И они пошли в Дом культуры ЗИЛ.
На следующий год Люда поступила в Рижский медицинский институт. Она еще приезжала в Москву, с мужем, а потом с мужем и сыном, и Грека доставал билеты на «Черную курицу».
Но он больше не видел ее. Он больше не видел многого из того, что видел когда-то, когда была Алла, и Наташа, и Олег, и Юра, и о. Марк, и поездка на взморье. И этого многого становилось все меньше. Пока все многое не стало одним. Там, за.
12
Коломенское. Утки на снегу. Голубые следы их суденышек – тел.

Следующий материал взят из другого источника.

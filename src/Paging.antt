-- ===== src/Paging.antt =====
-- amd64/src/paging.rs: indices into page tables, the recursive addresses of their entries, and the
-- encoding of entries and of the page attribute table. Addresses are words; where the source
-- computes on `isize`, a word stands for its two's complement.
pub mod Indices
pub mod Recursive
pub mod Entries
pub mod Attributes
pub mod Examples
use tauos.Base.{
  ℕ, ◌+◌, ◌-◌, ◌*◌, ◌/◌, ◌%◌, ◌^◌, bit_and, bit_or, Bool, ◌==◌, ◌!=◌, if◌then◌else◌, Option, some,
  none,
}
use tauos.Bits.{modulus, not64, ◌<<◌, ◌>>>◌}
use tauos.Bits.Field.{asr}

abbrev pub pml4_idx_mask : ℕ
pml4_idx_mask = 511 * 2 ^ 39

abbrev pub lower_half : ℕ
lower_half = 2 ^ 47

-- `-LOWER_HALF`
abbrev pub higher_half : ℕ
higher_half = modulus - 2 ^ 47

abbrev pub pte_size : ℕ
pte_size = 2 ^ 12

abbrev pub pde_size : ℕ
pde_size = 2 ^ 21

abbrev pub pdpte_size : ℕ
pdpte_size = 2 ^ 30

abbrev pub pml4e_size : ℕ
pml4e_size = 2 ^ 39

unfoldable pub page_size : ℕ → ℕ
page_size lvl = 8 << (lvl * 9)

unfoldable pub table_index : (laddr lvl : ℕ) → ℕ
table_index laddr lvl = bit_and (asr laddr (lvl * 9 + 3)) 511

unfoldable pub set_pml4_idx : (laddr guest_idx : ℕ) → ℕ
set_pml4_idx laddr guest_idx =
    bit_or (bit_and laddr (not64 pml4_idx_mask)) (bit_and (guest_idx << 39) pml4_idx_mask)

unfoldable pub recur_to_pte : (laddr rcrsv_idx : ℕ) → ℕ
recur_to_pte laddr rcrsv_idx =
    bit_or (bit_and (asr laddr 9) (not64 (bit_or (bit_or higher_half pml4_idx_mask) 7)))
      (asr (rcrsv_idx << 55) 16)

unfoldable pub recur_to_pde : (laddr rcrsv_idx : ℕ) → ℕ
recur_to_pde laddr rcrsv_idx = recur_to_pte (recur_to_pte laddr rcrsv_idx) rcrsv_idx

unfoldable pub recur_to_pdpte : (laddr rcrsv_idx : ℕ) → ℕ
unfolding recur_to_pde
recur_to_pdpte laddr rcrsv_idx = recur_to_pde (recur_to_pte laddr rcrsv_idx) rcrsv_idx

unfoldable pub recur_to_pml4e : (laddr rcrsv_idx : ℕ) → ℕ
unfolding recur_to_pdpte
recur_to_pml4e laddr rcrsv_idx = recur_to_pdpte (recur_to_pte laddr rcrsv_idx) rcrsv_idx

-- The table that contains an entry: its address, and its number of entries.
unfoldable pub table_of_entry : ℕ → ℕ × ℕ
table_of_entry laddr = (bit_and laddr (not64 4095), 512)

-- `PTE`: its bits.
abbrev pub Pte : Type 0
Pte = ℕ

abbrev pub pte_pwt : Pte
pte_pwt = 2 ^ 3

abbrev pub pte_pcd : Pte
pte_pcd = 2 ^ 4

abbrev pub pte_pat : Pte
pte_pat = 2 ^ 7

abbrev pub pte_pat_ps : Pte
pte_pat_ps = 2 ^ 12

abbrev pub pte_base_mask : Pte
pte_base_mask = 2 ^ 52 - 2 ^ 12

-- `PTE::from_paddr`; `none` where it panics.
unfoldable pub from_paddr : ℕ → Option Pte
from_paddr paddr = if bit_and paddr (not64 pte_base_mask) == 0 then some paddr else none

unfoldable pub get_paddr : Pte → ℕ
get_paddr pte = bit_and pte pte_base_mask

unfoldable pub from_pat : (pat_idx : ℕ) → Bool → Pte
from_pat pat_idx is_hpage =
    let pte1 = if bit_and pat_idx 1 != 0 then bit_or 0 pte_pwt else 0 in
    let pte2 = if bit_and pat_idx 2 != 0 then bit_or pte1 pte_pcd else pte1 in
    if bit_and pat_idx 4 != 0
    then (if is_hpage then bit_or pte2 pte_pat_ps else bit_or pte2 pte_pat)
    else pte2

pub data PatType : Type 0 where
  uncacheable : PatType
  write_combining : PatType
  write_through : PatType
  write_protect : PatType
  write_back : PatType
  uncacheable_minus : PatType

-- `PatType::to_bits`
unfoldable pub to_bits : PatType → ℕ
to_bits uncacheable = 0
to_bits write_combining = 1
to_bits write_through = 4
to_bits write_protect = 5
to_bits write_back = 6
to_bits uncacheable_minus = 7

-- `PatType::from_bits`; `none` where it panics.
unfoldable pub from_bits : ℕ → Option PatType
from_bits code =
    if code == 0
    then some uncacheable
    else if code == 1
    then some write_combining
    else if code == 4
    then some write_through
    else if code == 5
    then some write_protect
    else if code == 6
    then some write_back
    else if code == 7
    then some uncacheable_minus
    else none

-- `[PatType; 4]`
pub record Types : Type 0 where
  pub t0 : PatType
  pub t1 : PatType
  pub t2 : PatType
  pub t3 : PatType

pub record Pat : Type 0 where
  pub std_types : Types
  pub pat_types : Types

abbrev pub reset_types : Types
reset_types = record {
  t0 = write_back;
  t1 = write_through;
  t2 = uncacheable_minus;
  t3 = uncacheable;
}

-- `Pat::default`
abbrev pub default_pat : Pat
default_pat = record { std_types = reset_types; pat_types = reset_types }

infixl 5 ◌>>=◌
abbrev ◌>>=◌ : {A B : Type 0} → Option A → (A → Option B) → Option B
some a >>= f = f a
none >>= f = none

-- `PatType::from_bits((pat_msr >> shift) as u8)`
abbrev pub type_at : (pat_msr shift : ℕ) → Option PatType
type_at pat_msr shift = from_bits ((pat_msr >>> shift) % 2 ^ 8)

-- `Pat::read`, from the value of the register; `none` where it panics.
unfoldable pub read : ℕ → Option Pat
read pat_msr = do
  s0 ← type_at pat_msr 0
  s1 ← type_at pat_msr 8
  s2 ← type_at pat_msr 16
  s3 ← type_at pat_msr 24
  p0 ← type_at pat_msr 32
  p1 ← type_at pat_msr 40
  p2 ← type_at pat_msr 48
  p3 ← type_at pat_msr 56
  some (record {
    std_types = record { t0 = s0; t1 = s1; t2 = s2; t3 = s3 };
    pat_types = record { t0 = p0; t1 = p1; t2 = p2; t3 = p3 };
  })

-- `pat |= (t.to_bits() as u64) << shift`
abbrev pub put : (pat : ℕ) → PatType → (shift : ℕ) → ℕ
put pat t shift = bit_or pat (to_bits t << shift)

-- `Pat::write`: the value that it writes to the register.
unfoldable pub write : Pat → ℕ
write p =
    let std = p.std_types in
    let ext = p.pat_types in
    put
      (put
        (put (put (put (put (put (put 0 std.t0 0) std.t1 8) std.t2 16) std.t3 24) ext.t0 32) ext.t1
          40)
        ext.t2 48)
      ext.t3 56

Молодой отец с дочкой Кирой в розовом пуховике. Они сходят к самой воде, где утиный лагерь по краю берега. Отец хочет сфотографировать Киру. Кира опускается на колени, чтобы ростом быть ближе к уткам.
Он молчит.
– Я ходила в зоопарк, думала, может, служитель продаст мне перо. Но, оказывается, линька у пеликанов летом. Служитель сказал, что на днях один из пеликанов умер непонятно от чего, и из него выпало несколько перьев, но и их подобрали и сожгли вместе с тушкой.
Я начинаю говорить:
– Вчера гуляла в районе Старой и Новой Басманной. Для меня это в гораздо большей степени «старая Москва», чем, например, какие-нибудь арбатские переулки, Остоженка с Пречистенкой. А знаю, что сейчас главное для меня – ходить. Смотреть, не заставляя себя видеть. Я почти не думаю. Я иду. На днях вдруг представила, что на голове у меня сидит птица вроде галчонка. Часто представляю, будто ступаю босыми ногами по гальке, и вода не доходит мне даже до щиколоток. Пока ничего более высокого и важного. Вот все, что могу сказать сегодня. Не о поэзии, не о Боге, только о галчонке и гальке и своих идущих ногах, которые слышу.
Он сцепил руки, просунув левую в рукав правой, а правую – в рукав левой, и поднял плечи:
– Вам холодно?
Нет.
Евангелие выглядывает из-под подушки, заложенное календариком, интересно – на каком месте?
– Может, вы хотите что-нибудь еще почитать?
Хочу.
– Я вам принесу. О чем вы любите?
– Я люблю… Я люблю… – Он освобождает правую руку и, морщась, будто бы хочет взять что-то, что, скомканное, болит, над переносицей. – Про Бога. Достоевского принесите. Если вам разрешат.